# Hybrid Venomous



## markhill (Sep 22, 2006)

I was watching Swamp Men yesterday and they had what they called a Hybrid Rattler.
They didn't say what it was just that it was a hybrid.

Is this common in venomoues?
I'd have thought it probably a bad idea, I mean if you hybridised a snake with neurotoxic venom with a haemotoxic venomous snake what anti-venom would you use if a bite occured?


----------



## andy2086 (Dec 26, 2008)

The only hybrid venomous I've heard of is from the bitis family - gaboons, rhinos and puffs cross breeding.

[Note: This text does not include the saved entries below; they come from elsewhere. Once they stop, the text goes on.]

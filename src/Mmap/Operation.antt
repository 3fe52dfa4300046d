-- ===== src/Mmap/Operation.antt =====
-- plugins/queue/mmap/queue_operation.go: a message is a word with its length and then its bytes,
-- which may go on in the next segments.
use skywalking_satellite.Base.{
  ℕ, zero, suc, ◌+◌, ◌-◌, ◌/◌, Bool, ◌&&◌, none, some, List, [], ◌∷◌, ◌++◌, length, drop, ltb, leb,
  ◌==◌, update, if◌then◌else◌,
}
use skywalking_satellite.Base.Int.{ℤ, pos, negsuc, ◌+ℤ◌, ◌-ℤ◌}
use skywalking_satellite.Mmap.File.{MmapFile, System}
use skywalking_satellite.Mmap.Meta.{
  uint64_to_int, get_reading_offset, get_writing_offset, put_reading_offset, put_writing_offset,
}
use skywalking_satellite.Mmap.Outcome.{
  M, Outcome, ok, err, spin, pure, modify, after, ◌>>=◌, ◌>>◌, full, empty, out_of_bounds,
}
use skywalking_satellite.Mmap.State.{Queue}
use skywalking_satellite.Mmap.Segments.{with_segment, on_mark_read}

abbrev pub uint64_size : ℕ
uint64_size = 8

unfoldable pub int_to_uint64 : ℤ → ℕ
int_to_uint64 (pos v) = v
int_to_uint64 (negsuc v) = 0

-- `if offset+uInt64Size > SegmentSize { id, offset = id+1, 0 }`
abbrev pub skip_tail : ℕ → ℕ × ℕ → ℕ × ℕ
skip_tail size (id, offset) = if ltb size (offset + uint64_size) then (id + 1, 0) else (id, offset)

-- `if offset == SegmentSize { id, offset = id+1, 0 }`
abbrev pub carry : ℕ → ℕ × ℕ → ℕ × ℕ
carry size (id, offset) = if offset == size then (id + 1, 0) else (id, offset)

module _ (F : MmapFile) where
  open F use {File, write_at, read_at, write_uint64_at, read_uint64_at}

  unfoldable pub is_empty : Queue File → Bool
  is_empty q =
      let (rid, roffset) = get_reading_offset F q.meta in
      let (wid, woffset) = get_writing_offset F q.meta in (rid == wid) && (roffset == woffset)

  -- `wid >= rid + capacity - 1 - maxEventSize/segmentSize`, without a subtraction.
  unfoldable pub is_full : Queue File → Bool
  is_full q =
      leb ((get_reading_offset F q.meta).0 + q.queue_capacity_segments)
        ((get_writing_offset F q.meta).0 + 1 + q.max_event_size / q.segment_size)

  -- The segment of an index gets the content `f`.
  abbrev pub put_file : ℕ → File → Queue File → Queue File
  put_file i f q = record q { files = update q.files i f }

  -- segment.WriteAt at an index: the count, or its error.
  unfoldable pub write_segment : ℕ → List ℕ → ℕ → M (Queue File) ℕ
  write_segment i bytes offset q =
      let (n, f) = write_at (q.files i) bytes offset in
      elim n [ none ↦ (err out_of_bounds, put_file i f q) | some k ↦ (ok k, put_file i f q) ]

  unfoldable pub read_segment : ℕ → ℕ → ℕ → M (Queue File) (List ℕ)
  read_segment i n offset q = elim (read_at (q.files i) n offset) [
    | none ↦ (err out_of_bounds, q)
    | some bs ↦ (ok bs, q)
  ]

  -- An error of WriteAt or ReadAt is looked at after the lock is given back.
  unfoldable pub try : {A : Type 0} → M (Queue File) A → M (Queue File) (Outcome A)
  try m q = (ok (m q).0, (m q).1)

  unfoldable pub rethrow : {A : Type 0} → Outcome A → M (Queue File) A
  rethrow o q = (o, q)

module _ {File : Type 0} where
  -- The counting at the end of enqueue: at the ceiling it signals the flush routine.
  unfoldable pub count_unflushed : Queue File → Queue File
  count_unflushed q =
      let n = q.unflushed_num + 1 in
      record q {
        unflushed_num = if n == q.flush_ceiling_num then 0 else n;
        flush_signals = if n == q.flush_ceiling_num then q.flush_signals + 1 else q.flush_signals;
      }

module _ (F : MmapFile) (os : System) where
  open F use {File}

  -- The send on markReadChannel, whose buffer holds one: with the buffer taken the caller waits
  -- until the swapper has handled what is in it.
  unfoldable pub push_mark : List ℕ → ℕ → M (Queue File) (Unit {0})
  push_mark [] id q = (ok tt, record q { mark_read = id ∷ [] })
  push_mark (old ∷ rest) id q =
      after (on_mark_read F os old q).0 (on_mark_read F os old q).1
        (λ _ t. (ok tt, record t { mark_read = rest ++ (id ∷ []) }))

  unfoldable pub send_mark_read : ℕ → M (Queue File) (Unit {0})
  send_mark_read id q = push_mark q.mark_read id q

module _ (F : MmapFile) (os : System) (fuel : ℕ) where
  open F use {File, write_uint64_at, read_uint64_at}

  unfoldable pub write_length : ℕ → ℕ → ℕ → M (Queue File) (ℕ × ℕ)
  write_length len id offset q =
      let (id', offset') = skip_tail q.segment_size (id, offset) in
      (do
        with_segment F os fuel id' λ i.
            modify
              λ t. put_file F i (write_uint64_at (t.files i) (int_to_uint64 (pos len)) offset') t
        pure (carry q.segment_size (id', offset' + uint64_size)))
        q

  unfoldable pub read_length : ℕ → ℕ → M (Queue File) (ℕ × ℕ × ℕ)
  read_length id offset q =
      let (id', offset') = skip_tail q.segment_size (id, offset) in
      (do
        num ← with_segment F os fuel id' λ i t. (ok (read_uint64_at (t.files i) offset'), t)
        let (id'', offset'') = carry q.segment_size (id', offset' + uint64_size)
        pure (id'', offset'', uint64_to_int num))
        q

  -- One round of the loop of writeBytes: how many bytes were written.
  unfoldable pub write_chunk : List ℕ → ℕ → ℕ → M (Queue File) ℕ
  write_chunk bytes id offset = do
    o ← with_segment F os fuel id λ i. try F (write_segment F i bytes offset)
    rethrow F o

  unfoldable pub read_chunk : ℕ → ℕ → ℕ → M (Queue File) (List ℕ)
  read_chunk n id offset = do
    o ← with_segment F os fuel id λ i. try F (read_segment F i n offset)
    rethrow F o

  -- The loop of writeBytes over `bytes[counter:]`, with a bound on the rounds.
  unfoldable pub write_loop : ℕ → List ℕ → ℕ → ℕ → M (Queue File) (ℕ × ℕ)
  write_loop zero bytes id offset q = (spin, q)
  write_loop (suc rounds) bytes id offset q =
      after (write_chunk bytes id offset q).0 (write_chunk bytes id offset q).1 λ n t.
        let (id', offset') = carry t.segment_size (id, offset + n) in
        let rest = write_loop rounds (drop n bytes) id' offset' t in
        if n == length bytes then (ok (id', offset'), t) else rest

  -- A round that is not the last writes at least one byte.
  unfoldable pub write_bytes : List ℕ → ℕ → ℕ → M (Queue File) (ℕ × ℕ)
  write_bytes bytes = write_loop (suc (length bytes)) bytes

  -- The loop of readBytes: `acc` is `res[:counter]`, `left` is `length - counter`.
  unfoldable pub read_loop : ℕ → List ℕ → ℕ → ℕ → ℕ → M (Queue File) (List ℕ × ℕ × ℕ)
  read_loop zero acc left id offset q = (spin, q)
  read_loop (suc rounds) acc left id offset q =
      after (read_chunk left id offset q).0 (read_chunk left id offset q).1 λ bs t.
        let (id', offset') = carry t.segment_size (id, offset + length bs) in
        let rest = read_loop rounds (acc ++ bs) (left - length bs) id' offset' t in
        if length bs == left then (ok (acc ++ bs, id', offset'), t) else rest

  unfoldable pub read_bytes : ℕ → ℕ → ℕ → M (Queue File) (List ℕ × ℕ × ℕ)
  read_bytes id offset len = read_loop (suc len) [] len id offset

  unfoldable pub enqueue : List ℕ → M (Queue File) (Unit {0})
  enqueue bytes q =
      let (id, offset) = get_writing_offset F q.meta in
      let run =
        (do
          (id', offset') ← write_length (length bytes) id offset
          (id'', offset'') ← write_bytes bytes id' offset'
          modify λ t.
              let t' = record t { meta = put_writing_offset F t.meta id'' offset'' } in
              let t'' = count_unflushed t' in
              record t'' { used_size = t''.used_size +ℤ pos (length bytes) })
          q in
      if is_full F q then (err full, q) else run

  unfoldable pub dequeue : M (Queue File) (List ℕ × ℕ × ℕ)
  dequeue q =
      let (pre_id, pre_offset) = get_reading_offset F q.meta in
      let run =
        (do
          (id, offset, len) ← read_length pre_id pre_offset
          (bytes, id', offset') ← read_bytes id offset len
          modify (λ t. record t { meta = put_reading_offset F t.meta id' offset' })
          (if id' == pre_id then pure tt else send_mark_read F os pre_id)
          modify (λ t. record t { used_size = t.used_size -ℤ pos (length bytes) })
          pure (bytes, id', offset'))
          q in
      if is_empty F q then (err empty, q) else run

Not sure if they were purposely crossed or it happened in the wild, but everyone has their own opinion on hybrids : victory:

Link to a few pics, just in case people are nosy Hybrid Bitis - gabino


----------



## coldestblood (Jun 4, 2011)

I read that the _Crotalus durissus_ subspecies' have hybridised. One site mentions that the _C. d. cumanensis_, may be a hybrid between the _C. d. vegrandis_, and the _C. d. pifanorum_. 

The _C. durissus_ and it's subspecies, are known for their incredibly potent, neurotoxic venom. Like the _C. scutulatus_, their venom is often compared to that of the elapids.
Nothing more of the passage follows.